## Your instructions
Among the records below, find the line that has "g).0 ≡ continue"; from there, give the lines again exactly, and stop after the line that has "unfolding persist persist_result".

## Records to process
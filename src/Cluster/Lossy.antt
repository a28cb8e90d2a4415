-- ===== src/Cluster/Lossy.antt =====
-- A `Put` over a network that loses calls of the retry loop (server/server.go).
pub mod Calls
pub mod Turns
use committer.Prelude.{
  ℕ, suc, ◌≡◌, ◌≤◌, refl, sym, ap, ◌∙◌, String, List, [], ◌∷◌, ◌++◌, All, length, some, subst,
}
use committer.Tla.{str, no_items}
use committer.Proto.{Entry, ack, answer}
use committer.Cache
use committer.Cache.{Msg}
use committer.Database
use committer.Database.{Database}
use committer.Monitor.Accepted.{IsAccepted}
use committer.Server.Handlers.{Node}
use committer.Cluster.{Session, Fate, delivered, continue, exit, crash, out_of_fuel}
use committer.Cluster.Notes.{Log}
use committer.Cluster.Stages.{
  Turn, Loop, log, with_log, for_followers, onwards, propose_turn, precommit_turn, commit_turn,
}
use committer.Cluster.Put.{begin, chain, persist, persist_result, finish, rest_of_put, put}
use committer.Cluster.Phases.Checks.{one, two, before, after}
use committer.Cluster.Phases.Tracked.{
  Tracked, Tracked-IsAccepted, begin-Tracked, note_propose-Tracked, note_prepared-Tracked,
  note_commit-Tracked, note_committed-Tracked,
}
use committer.Cluster.Safety.{Proposing, Proposed, Committing, Sent, Committed}
use committer.Cluster.Lossy.Calls.{IsLost, Calm, Willing, Holds}
use committer.Cluster.Lossy.Turns.{
  Passes, Ends, with_log-Calm, propose_turn-Passes, precommit_turn-Passes, commit_turn-Ends,
}

module _ (database : Database) where
  onwards-continue :
      (w : Turn database) (fs : List (Node database)) (k : Session database → Loop database)
      → w.0 ≡ continue
      → onwards database w fs k ≡ ((k w.1).0, (k w.1).1, w.2 ∷ (k w.1).2)
  unfolding onwards
  onwards-continue (continue, s, f) fs k h = refl
  onwards-continue (exit r, s, f) fs k h = cc
  onwards-continue (crash p, s, f) fs k h = cc
  onwards-continue (out_of_fuel, s, f) fs k h = cc

  -- A loop over two followers whose turns go on.
  two_turns :
      (body : ℕ → Session database → Node database → Turn database) (s : Session database)
      (f g : Node database)
      → (body 0 s f).0 ≡ continue
      → (body 1 (body 0 s f).1 g).0 ≡ continue
      → let w = body 0 s f in
        let v = body 1 w.1 g in
        for_followers database body 0 s (f ∷ g ∷ []) ≡ (continue, v.1, w.2 ∷ v.2 ∷ [])
  unfolding for_followers
  two_turns body s f g first second =
      let w = body 0 s f in
      let v = body 1 w.1 g in
      let end : for_followers database body 1 w.1 (g ∷ []) ≡ (continue, v.1, v.2 ∷ []) =
        onwards-continue v [] (λ u. (continue, u, [])) second in
      onwards-continue w (g ∷ []) (λ t. for_followers database body 1 t (g ∷ [])) first
      ∙ ap (λ (l : Loop database). (l.0, l.1, w.2 ∷ l.2)) end

  persist-goes_on :
      (s : Session database) (fs : List (Node database)) (m : Msg) (d : database.State)
      → Cache.get s.self.node_cache s.self.height ≡ some m
      → database.put s.self.db m.key m.value ≡ Database.ok d
      → persist database s fs ≡ (continue, record s { self = record (s.self) { db = d } }, fs)
  unfolding persist persist_result
  persist-goes_on s fs m d found put = rw (found, persist) (rw put refl)

  -- The end of a `Put` whose trace is accepted.
  finish-acks :
      (s : Session database) (fs : List (Node database))
      → Committed (log database s)
      → (finish database s fs).0 ≡ exit (answer ack 0)
  unfolding finish
  finish-acks s fs t =
      let m = Tracked-IsAccepted (after two) (after two) (str "commit") (log database s) t in
      rw (m.checked, finish) refl

  module _ (a : String) (h : ℕ) (e : Entry)
      (writes : (d : database.State)
        → (d' : database.State) × (database.put d e.key e.value ≡ Database.ok d')) where
    commit_stage-acks :
        (s : Session database) (f g : Node database)
        → Calm database a h [] s
        → Proposed two (log database s)
        → Willing database a h f × Holds database h e f
        → Willing database a h g × Holds database h e g
        → (chain database
            (for_followers database (commit_turn database) 0 s (f ∷ g ∷ []))
            (finish database)).0
          ≡ exit (answer ack 0)
    unfolding chain
    commit_stage-acks s f g c p (w, held) (w', held') =
        let (d, put) = writes f.db in
        let (d', put') = writes g.db in
        let first =
          commit_turn-Ends database a h e 0 (Committing one) (Sent one) (Committing two) s f d put
            (note_commit-Tracked one) (note_committed-Tracked one) c p w held in
        let t = (commit_turn database 0 s f).1 in
        let second =
          commit_turn-Ends database a h e 1 (Committing two) (Sent two) Committed t g d' put'
            (note_commit-Tracked two) (note_committed-Tracked two) first.calm first.tracked w'
            held' in
        rw (two_turns (commit_turn database) s f g first.goes_on second.goes_on)
          (finish-acks _ _ second.tracked)

    rest_of_put-acks :
        (s : Session database) (f g : Node database)
        → Calm database a h [] s
        → Proposed two (log database s)
        → Holds database h e s.self
        → Willing database a h f × Holds database h e f
        → Willing database a h g × Holds database h e g
        → (rest_of_put database s (f ∷ g ∷ [])).0 ≡ exit (answer ack 0)
    unfolding rest_of_put chain
    rest_of_put-acks s f g c p mine (w, held) (w', held') =
        let P = Proposed two in
        let first = precommit_turn-Passes database a h e 0 P s f c p mine w held in
        let t = (precommit_turn database 0 s f).1 in
        let second =
          precommit_turn-Passes database a h e 1 P t g first.calm first.tracked first.held w'
            held' in
        let u = (precommit_turn database 1 t g).1 in
        let (d, put) = writes u.self.db in
        let c' = second.calm in
        let found : Cache.get u.self.node_cache u.self.height
            ≡ some (record { key = e.key; value = e.value }) =
          subst
            (λ i. Cache.get u.self.node_cache i ≡ some (record { key = e.key; value = e.value }))
            (sym c'.level) second.held in
        rw (two_turns (precommit_turn database) s f g first.goes_on second.goes_on) (
          rw (chain, persist-goes_on u _ _ d found put)
            ((commit_stage-acks (record u { self = record (u.self) { db = d } }) _ _
              (record {
                in_time = c'.in_time;
                seen = c'.seen;
                level = c'.level;
                coming = c'.coming;
              })
              second.tracked (first.willing, first.cached) (second.willing, second.cached))))

  -- `Put` gets through a network that loses calls. A coordinator with an accepted trace and two
  -- followers that are not above its height, whose hooks consent and whose whitelists hold its host,
  -- over a database on which the entry can always be written: if each follower's proposals are lost
  -- at most `fuel` times, before or after the follower has run them, and every other call is
  -- delivered, then `suc fuel` rounds of the retry loop are enough for `Put` to return ACK, at every
  -- height and in every commit mode.
  pub put-acks_lossy :
      (a : String) (h : ℕ) (e : Entry) (fuel : ℕ) (losses losses' : List Fate)
      (s : Session database) (f g : Node database)
      → ((d : database.State)
          → (d' : database.State) × (database.put d e.key e.value ≡ Database.ok d'))
      → IsAccepted s.self.monitor
      → Willing database a h f
      → Willing database a h g
      → All IsLost losses
      → All IsLost losses'
      → length losses ≤ fuel
      → length losses' ≤ fuel
      → Calm database a h (losses ++ delivered ∷ (losses' ++ delivered ∷ [])) s
      → (put database (suc fuel) e s (f ∷ g ∷ [])).0 ≡ exit (answer ack 0)
  unfolding put chain
  put-acks_lossy a h e fuel losses losses' s f g writes m w w' all all' le le' c =
      let (b, ran, p) = begin-Tracked (log database s) m in
      let t = with_log database b s in
      let rest = losses' ++ delivered ∷ [] in
      let c' = with_log-Calm database a h e (losses ++ delivered ∷ rest) b s c in
      let first =
        propose_turn-Passes database a h e losses rest fuel 0 (Proposing one) (Proposing two) t f le
          all (note_propose-Tracked one) (note_prepared-Tracked one) c' p w in
      let u = (propose_turn database (suc fuel) e 0 t f).1 in
      let second =
        propose_turn-Passes database a h e losses' [] fuel 1 (Proposing two) (Proposed two) u g le'
          all' (note_propose-Tracked two) (note_prepared-Tracked two) first.calm first.tracked w' in
      rw (ran, put)
        (rw (two_turns (propose_turn database (suc fuel) e) t f g first.goes_on second.goes_on) (
          rest_of_put-acks a h e writes _ _ _ second.calm second.tracked second.held
            (first.willing, first.cached) (second.willing, second.cached)))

## Written answer
      → (body 1 (body 0 s f).1 g).0 ≡ continue
      → let w = body 0 s f in
        let v = body 1 w.1 g in
        for_followers database body 0 s (f ∷ g ∷ []) ≡ (continue, v.1, w.2 ∷ v.2 ∷ [])
  unfolding for_followers
  two_turns body s f g first second =
      let w = body 0 s f in
      let v = body 1 w.1 g in
      let end : for_followers database body 1 w.1 (g ∷ []) ≡ (continue, v.1, v.2 ∷ []) =
        onwards-continue v [] (λ u. (continue, u, [])) second in
      onwards-continue w (g ∷ []) (λ t. for_followers database body 1 t (g ∷ [])) first
      ∙ ap (λ (l : Loop database). (l.0, l.1, w.2 ∷ l.2)) end

  persist-goes_on :
      (s : Session database) (fs : List (Node database)) (m : Msg) (d : database.State)
      → Cache.get s.self.node_cache s.self.height ≡ some m
      → database.put s.self.db m.key m.value ≡ Database.ok d
      → persist database s fs ≡ (continue, record s { self = record (s.self) { db = d } }, fs)
  unfolding persist persist_result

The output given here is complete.